Data preparation
As for team members who were responsible for model building they all started by cleaning their dataset. Most of the teams removed all non-predictive variables such as game_id and shot_id. One of the teams was so effective at it that they run their model with only one variable: action type. While indeed that variable had the most predictive value (one team estimated it at 31%), by itself it wasn’t sufficient to accurately predict success of a shot.
Analyzing the variables like shots by action type and shots by opponents
Others tried to expand their dataset by creating derived variables, such as 'games played in the last 14 days'. At the same time, they reduced the number of categories by aggregation. Unfortunately, this approach proved to be too ambitious for such a short time.

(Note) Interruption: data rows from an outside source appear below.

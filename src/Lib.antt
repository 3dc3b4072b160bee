-- ===== src/Lib.antt =====
-- Page migration with stage timing, for Linux 6.1.4 on ARM64 (arm64_files/migrate.c): the kernel's
-- mm/migrate.c, instrumented with nanosecond timestamps for the five stages of a migration (lock,
-- unmap, copy, remap, unlock), and extended by ROCM, a fast path that copies a read-only file page
-- first and then swaps its page table entries. The timings are read from two files in debugfs.
--
-- A migration runs like this. `migrate_pages` takes a list of pages and tries each up to ten times;
-- a try of a single page allocates a new one and runs `__unmap_and_move` (or
-- `unmap_and_move_huge_page`), which locks both folios, replaces the page table entries by
-- migration entries, moves the mapping, the flags and the content (`move_to_new_folio`), turns the
-- migration entries into entries for the new folio (`remove_migration_ptes`) and unlocks; at its
-- end `mig_timing_store` keeps the record. A thread that meets a migration entry waits in
-- `migration_entry_wait`, which writes a record of its own.
--
-- Benchmarks run beside it in user space. arm64_files/mig_bench_e.c lets worker threads access a
-- buffer while a migrator moves it by `move_pages`, and arm64_files/mig_bench_rocm.c reads the
-- timings back from debugfs.
--
-- The files, about arm64_files/migrate.c but for Bench:
-- - Base: lists measured by native numbers, Boolean tests, error codes (Errno, Rc) and modes
--   (Mode).
-- - Timing: `mig_timing_record` (TimingRecord), the buffer `mig_records` with its two counters
--   (RecordBuffer), `mig_timing_store`, `mig_timing_write` and `mig_timing_show`. Timing/Ring has
--   what the buffer keeps, Timing/Columns what the columns add up to, Timing/Downtime the second
--   buffer with `migration_entry_wait`, `dt_timing_write` and `dt_timing_show`.
-- - Folio: the state of one migration (Migration): both folios with their flags and counts, the
--   slot of the page cache, the buffers, and the page table entries that the reverse map finds.
--   Folio/Cache has `folio_migrate_mapping` and `migrate_huge_page_move_mapping`, Folio/Handover
--   what they move; Folio/Flags `folio_migrate_flags`, `folio_migrate_copy` and `migrate_folio`;
--   Folio/Buffers `buffer_migrate_folio` and `filemap_migrate_folio`; Folio/Move `writeout`,
--   `fallback_migrate_folio` and `move_to_new_folio`, with what they refuse and what they leave in
--   Folio/Move/Refuses and Folio/Move/Leaves; Folio/Restore `remove_migration_ptes`;
--   Folio/Rocm the eligibility test and the swap of the fast path, with its theorems in
--   Folio/Rocm/Eligible and Folio/Rocm/Swap; Folio/Isolate `isolate_movable_page` and
--   `putback_movable_pages`.
-- - Unmap: `__unmap_and_move`, as steps on the state of a call (Run): the migration, the record
--   being filled, how often the clock was read, the return value, and the calls of
--   `mig_timing_store`. The clock and the functions of other files are in the record Kernel. Unmap
--   itself has the exits and the ROCM path, Unmap/Pipeline the guards and the standard path.
--   Unmap/Release and Unmap/Ends are about how a call ends, Unmap/Timeline and Unmap/Timely about
--   its timestamps, Unmap/Accepts about the ROCM path, Unmap/Refused about a folio under
--   writeback. Unmap/Huge is `unmap_and_move_huge_page`
--   from its lock to its record, and Unmap/HugeEnds is about its end. Unmap/Page is
--   `unmap_and_move`, around the run of a page, and Unmap/HugePage the rest of
--   `unmap_and_move_huge_page`. Unmap/Mover makes of both the moves that Batch takes, each page
--   with a Kernel of its own; behind a BUG_ON their state is `none`.
-- - Batch: the loop of `migrate_pages` over a list of pages, with `try_split_thp`; Batch/Driver has
--   `migrate_pages` around that loop. The moves of single pages and `split_huge_page_to_list` are
--   the record Mover. Batch/Counts and Batch/Loop carry the invariants, Batch/Conserve,
--   Batch/Outcome and Batch/Rounds the theorems; Batch/Single is about a list of one page.
-- - Numa: `migrate_misplaced_page` with `numamigrate_isolate_page`, a client of `migrate_pages`;
--   Numa/Balanced is about what it leaves behind.
-- - Syscall: the state of `do_pages_move` (Request), with `store_status`, `do_move_pages_to_node`
--   and `add_page_for_migration`; Syscall/Loop has `move_pages_and_store_status` and
--   `do_pages_move`. It calls `migrate_pages` of Batch/Driver, with a Mover for each node.
--   Syscall/Empties is about the list of isolated pages, Syscall/Collects and Syscall/Statuses
--   about the user's statuses. Syscall/Stat is `do_pages_stat`, with its chunks, and Syscall/Entry
--   `find_mm_struct` and `kernel_move_pages` with their checks.
-- - Bench: arm64_files/mig_bench_e.c, with the statistics of a phase (PStats) and the reservoir of
--   latencies (`record_latency`), which Bench/Reservoir is about; Bench/Percentiles has
--   `compute_pct`. Bench/Worker is the loop of a worker thread, an iteration at a time
--   (Bench/Worker/Counts and Bench/Worker/Loop carry its invariant); Bench/Migrator is the migrator
--   with its chunks; Bench/Phases is the threads together as a step relation, each step one
--   iteration of one thread or a signal of `run_bench`, with Bench/Phases/Reached and
--   Bench/Phases/Joins about its states.
-- - Bench/Csv: the text that `mig_timing_show` prints for the rows of Timing, a list of bytes, and
--   `strtoull`; Bench/Csv/Lines is `find_col` and `parse_csv_file` of arm64_files/mig_bench_rocm.c.
--   Bench/Csv/Digits is about numbers in text, Bench/Csv/Rows about a row, Bench/Csv/Parsed about
--   whole files. Bench/Stats is its `compute_stats`. Bench/Filter is `timing_read_filtered` of
--   arm64_files/mig_bench.c, with Bench/Filter/Printed about what it writes.
-- - Bench/Multi: the statistics of a worker of arm64_files/mig_bench_rocm_mt.c, with its stalls,
--   which Bench/Multi/Seen is about.
-- - Tests: concrete runs.
--
-- Conventions. A w-bit number keeps its wrap-around (`% 2 ^ w`, sub64); counters of references and
-- mappings are natural numbers. An error is a value (`Rc`, `fail e`), and a BUG_ON is `none` where
-- a function can meet one. A run of the kernel is sequential (the threads of the benchmark
-- interleave): what other threads do between two steps comes in through the parameters. VM_BUG_ON
-- checks, memory barriers, TLB flushes, tracing, VM event counters and memory cgroups have no
-- counterpart. The content of a folio is one number. What `move_pages_and_store_status` adds up is an
-- `int`, of 32 bits; the loop index of `do_pages_move`, an `int` too, is a natural number, which is
-- the same as long as there are fewer than 2^31 pages.
--
-- `migrate_pages` has at most two rounds of ten passes: ten is the source's own bound, and a third
-- round would need a THP among the pages that a split has left. `none` stands for it. The loop of
-- `do_pages_stat` has one round for each page, and needs one for sixteen. All other recursion is on
-- lists or on the number of pages.
--
-- Numbers are printed with twenty digits at most, which do for 64 bits. The loop of the migrator of
-- mig_bench_e.c has one round more than the buffer has pages, since each chunk has a page at least.
-- `qsort`, the product of a fraction with an index, the conversion to `double`, the clock and
-- `move_pages` are parameters of the benchmark's model.
--
-- Not modelled: the allocation of the new page (`alloc_migration_target`,
-- `alloc_misplaced_dst_page`), and the registration of the debugfs files. Of the benchmarks,
-- floating-point statistics, set-up and output, the rest of mig_bench.c and of mig_bench_rocm_mt.c,
-- and the programs in x86_files. The x86 port is kept as patches and text copies.
pub mod Base
pub mod Timing
pub mod Batch
pub mod Folio
pub mod Numa
pub mod Unmap
pub mod Syscall
pub mod Bench
pub mod Tests
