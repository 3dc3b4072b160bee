-- ===== src/Base/Codes.antt =====
-- The results of the kernel's functions: MIGRATEPAGE_SUCCESS (0), or a negative error number
-- (arm64_files/migrate.c uses those below; `other` is any that a callback returns besides).
use Prim.Native.Nat.{ℕ}
use mathlib.Core.Bool.{Bool, true, false}

pub data Errno : Type 0 where
  eagain ebusy enomem enosys einval eio efault enoent enodev eacces eperm esrch eexist : Errno
  other : ℕ → Errno

pub data Rc : Type 0 where
  success : Rc
  fail : Errno → Rc

-- `rc == MIGRATEPAGE_SUCCESS`.
abbrev pub is_success : Rc → Bool
is_success success = true
is_success (fail e) = false

-- `rc == -EAGAIN`.
abbrev pub is_eagain : Rc → Bool
is_eagain (fail eagain) = true
is_eagain _ = false

-- `enum migrate_mode`.
pub data Mode : Type 0 where
  async sync_light sync sync_no_copy : Mode

abbrev pub is_async : Mode → Bool
is_async async = true
is_async _ = false

-- The modes that may block on writeback and dirty data: MIGRATE_SYNC and MIGRATE_SYNC_NO_COPY.
abbrev pub is_full_sync : Mode → Bool
is_full_sync sync = true
is_full_sync sync_no_copy = true
is_full_sync _ = false
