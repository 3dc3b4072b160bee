-- ===== src/Batch.antt =====
-- arm64_files/migrate.c, lines 2335-2540: `try_split_thp` and the loop of `migrate_pages` that tries
-- the pages of a list up to ten times. The moves of single pages come in through `Mover`.
pub mod Driver
pub mod Conserve
pub mod Counts
pub mod Loop
pub mod Outcome
pub mod Rounds
pub mod Single
use memory_migration_cs.Base.{
  ℕ, zero, suc, ◌+◌, ◌-◌, Bool, true, false, ◌&&◌, not, Option, none, some, List, [], ◌∷◌, ◌++◌,
  Errno, eagain, enosys, enomem, ltb, ◌==◌, if◌then◌else◌,
}

-- What `PageHuge` and `PageTransHuge` tell apart.
pub data PageKind : Type 0 where
  base thp hugetlb : PageKind

-- A page on a migration list. `nr` is `compound_nr`, its number of base pages.
pub record Page : Type 0 where
  pub pfn : ℕ
  pub kind : PageKind
  pub nr : ℕ

abbrev pub is_thp : PageKind → Bool
is_thp thp = true
is_thp _ = false

abbrev pub is_hugetlb : PageKind → Bool
is_hugetlb hugetlb = true
is_hugetlb _ = false

-- How `unmap_and_move` and `unmap_and_move_huge_page` return: with success the page has left the
-- migration lists; with an error it stays on the list that it came from, or it has been moved to
-- the end of `ret`.
pub data Attempt (W : Type 0) : Type 0 where
  released : W → Attempt W
  stays : Errno → W → Attempt W
  returned : Errno → W → Attempt W

-- The operations that the loop calls. `split` is `split_huge_page_to_list`: on success the head
-- page as it is afterwards, and the tail pages.
pub record Mover (W : Type 0) : Type 0 where
  pub unmap_and_move : W → Page → Bool → Attempt W
  pub unmap_and_move_huge_page : W → Page → Bool → Attempt W
  pub split : W → Page → W × Option (Page × List Page)

-- The local counters of `migrate_pages`.
pub record Counters : Type 0 where
  pub retry : ℕ
  pub thp_retry : ℕ
  pub nr_failed : ℕ
  pub nr_failed_pages : ℕ
  pub nr_retry_pages : ℕ
  pub nr_succeeded : ℕ
  pub nr_thp_succeeded : ℕ
  pub nr_thp_failed : ℕ
  pub nr_thp_split : ℕ

-- The lists: the pages of `from` that this pass has left there, `ret_pages`, `thp_split_pages`,
-- and the pages that have been migrated.
pub record Lists : Type 0 where
  pub kept : List Page
  pub ret : List Page
  pub split_pages : List Page
  pub gone : List Page

pub record Progress (W : Type 0) : Type 0 where
  pub world : W
  pub lists : Lists
  pub counters : Counters

-- Where the last attempt has left the page, if nothing more is done about it.
unfoldable pub place_kept : Page → Lists → Lists
place_kept p l = record l { kept = l.kept ++ (p ∷ []) }

-- `list_move_tail(&page->lru, &ret_pages)`, or `list_add_tail` of a page taken off its list.
unfoldable pub place_ret : Page → Lists → Lists
place_ret p l = record l { ret = l.ret ++ (p ∷ []) }

unfoldable pub place_gone : Page → Lists → Lists
place_gone p l = record l { gone = l.gone ++ (p ∷ []) }

-- `split_huge_page_to_list` queues the tails, and `try_split_thp` the head behind them.
unfoldable pub place_split : Page → List Page → Lists → Lists
place_split head tails l = record l { split_pages = l.split_pages ++ (tails ++ (head ∷ [])) }

-- Where `stays` and `returned` leave the page.
abbrev pub place_failed : Bool → Page → Lists → Lists
place_failed true p l = place_ret p l
place_failed false p l = place_kept p l

-- `case -ENOSYS` and `case -ENOMEM` begin by counting the failure.
abbrev pub count_failure : Bool → Bool → Counters → Counters
count_failure true no_subpage_counting c = record c { nr_thp_failed = c.nr_thp_failed + 1 }
count_failure false true c = c
count_failure false false c = record c { nr_failed = c.nr_failed + 1 }

abbrev pub count_retry : Bool → Bool → Counters → Counters
count_retry true no_subpage_counting c = record c { thp_retry = c.thp_retry + 1 }
count_retry false true c = c
count_retry false false c = record c { retry = c.retry + 1 }

-- `!try_split_thp(page, &thp_split_pages)`: `none` is a failed split, which changes no list.
abbrev pub queue_halves : Option (Page × List Page) → Lists → Option Lists
queue_halves none l = none
queue_halves (some (head, tails)) l = some (place_split head tails l)

unfoldable pub try_split_thp : {W : Type 0} → Mover W → W → Page → Lists → W × Option Lists
unfolding place_split
try_split_thp m w p l = let (w', halves) = m.split w p in (w', queue_halves halves l)

-- The state after a switch case, and whether the case leaves the loop (`goto out`).
abbrev pub Stepped : Type 0 → Type 0
Stepped W = Progress W × Bool

-- `try_split_thp` if the page may be split, then `nr_thp_split++; break;` or the rest of the case.
unfoldable pub split_or :
    {W : Type 0} → Mover W → Bool → Page → Progress W → (Progress W → Stepped W) → Stepped W
unfolding try_split_thp
split_or m false p s otherwise = otherwise s
split_or m true p s otherwise =
    let (w', lists) = try_split_thp m s.world p s.lists in
    elim lists [
      | none ↦ otherwise (record s { world = w' })
      | some l ↦ (
        record {
          world = w';
          lists = l;
          counters = record (s.counters) { nr_thp_split = s.counters.nr_thp_split + 1 };
        },
        false,
      )
    ]

-- `nr_failed_pages += pages`, with the page placed.
abbrev pub give_up : {W : Type 0} → ℕ → Lists → Progress W → Progress W
give_up pages l s = record s {
  lists = l;
  counters = record (s.counters) { nr_failed_pages = s.counters.nr_failed_pages + pages };
}

-- The switch of `migrate_pages` at an error. `moved` says that the page stands on `ret` already.
unfoldable pub on_error :
    {W : Type 0}
    → Mover W
    → (nosplit no_subpage_counting moved : Bool) → Errno
    → Page
    → Progress W
    → Stepped W
unfolding split_or place_kept place_ret
on_error m nosplit nsc moved enosys p s =
    let counted = record s { counters = count_failure (is_thp p.kind) nsc s.counters } in
    split_or m (is_thp p.kind) p counted λ t. (give_up p.nr (place_ret p t.lists) t, false)
on_error m nosplit nsc moved enomem p s =
    let counted = record s { counters = count_failure (is_thp p.kind) nsc s.counters } in
    split_or m (is_thp p.kind && not nosplit) p counted
      λ t. (give_up (p.nr + t.counters.nr_retry_pages) (place_failed moved p t.lists) t, true)
on_error m nosplit nsc moved eagain p s =
    let c = count_retry (is_thp p.kind) nsc s.counters in
    (
      record s {
        lists = place_failed moved p s.lists;
        counters = record c { nr_retry_pages = c.nr_retry_pages + p.nr };
      },
      false,
    )
on_error m nosplit nsc moved e p s =
    let counted = record s { counters = count_failure (is_thp p.kind) nsc s.counters } in
    (give_up p.nr (place_failed moved p s.lists) counted, false)

-- `case MIGRATEPAGE_SUCCESS`.
abbrev pub on_success : {W : Type 0} → Page → Progress W → Progress W
on_success p s =
    let c = s.counters in
    record s {
      lists = place_gone p s.lists;
      counters = record c {
        nr_succeeded = c.nr_succeeded + p.nr;
        nr_thp_succeeded = if is_thp p.kind then c.nr_thp_succeeded + 1 else c.nr_thp_succeeded;
      };
    }

-- The switch over `rc`.
unfoldable pub on_attempt :
    {W : Type 0}
    → Mover W
    → (nosplit no_subpage_counting : Bool) → Attempt W
    → Page
    → Progress W
    → Stepped W
unfolding on_error place_gone
on_attempt m nosplit nsc (released w) p s = (on_success p (record s { world = w }), false)
on_attempt m nosplit nsc (stays e w) p s = on_error m nosplit nsc false e p (record s { world = w })
on_attempt m nosplit nsc (returned e w) p s =
    on_error m nosplit nsc true e p (record s { world = w })

-- The body of the loop over the list: `force` is `pass > 2`.
unfoldable pub try_page :
    {W : Type 0}
    → Mover W
    → (nosplit no_subpage_counting force : Bool) → Page
    → Progress W
    → Stepped W
unfolding on_attempt
try_page m nosplit nsc force p s =
    on_attempt m nosplit nsc
      (if is_hugetlb p.kind
        then m.unmap_and_move_huge_page s.world p force
        else m.unmap_and_move s.world p force)
      p s

-- `list_for_each_entry_safe` over what is left of `from`: the pages that a `goto out` has not
-- reached, or `none` at the end of the list.
unfoldable pub run_pass :
    {W : Type 0}
    → Mover W
    → (nosplit no_subpage_counting force : Bool) → List Page
    → Progress W
    → Progress W × Option (List Page)
unfolding try_page
run_pass m nosplit nsc force [] s = (s, none)
run_pass m nosplit nsc force (p ∷ ps) s =
    let (s', stop) = try_page m nosplit nsc force p s in
    elim stop [ true ↦ (s', some ps) | false ↦ run_pass m nosplit nsc force ps s' ]

-- The pages on `from` are taken up again, and the counters of the pass begin at 0.
abbrev pub begin_pass : {W : Type 0} → Progress W → Progress W
begin_pass s = record s {
  lists = record (s.lists) { kept = [] };
  counters = record (s.counters) { retry = 0; thp_retry = 0; nr_retry_pages = 0 };
}

unfoldable pub after_pass :
    {W : Type 0}
    → (Progress W → Progress W × Option (List Page))
    → Progress W × Option (List Page)
    → Progress W × Option (List Page)
after_pass next (s, some rest) = (s, some rest)
after_pass next (s, none) = next s

-- `pass < 10 && (retry || thp_retry)`, with `left` passes left of ten.
unfoldable pub run_passes :
    {W : Type 0}
    → Mover W
    → (nosplit no_subpage_counting : Bool) → (left : ℕ) → Progress W
    → Progress W × Option (List Page)
unfolding run_pass after_pass
run_passes m nosplit nsc zero s = (s, none)
run_passes m nosplit nsc (suc left) s = elim (s.counters.retry == 0 && s.counters.thp_retry == 0) [
  | true ↦ (s, none)
  | false ↦
      after_pass (run_passes m nosplit nsc left)
        (run_pass m nosplit nsc (ltb 2 (10 - suc left)) s.lists.kept (begin_pass s))
]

Another team took a very systematic approach of analyzing each variable’s relevance using caret package in R. This approach resulted in 0,607 log loss score, good for a very proud second place!
Building a model
When it came to building the model, most of the teams relied on simple, effective solutions, such as linear regression, XG Boost and/or random forest. No matter which approach was chosen, action type always stood out as a variable of highest relevance with dunking shot being the most successful type of shot.
The winning team got an impressive 0,6 log loss score, however many teams were right behind them with score differences in far decimal points. The “if you don’t try you always miss” was among the most impactful and relevant advise, and it not only applies to basketball!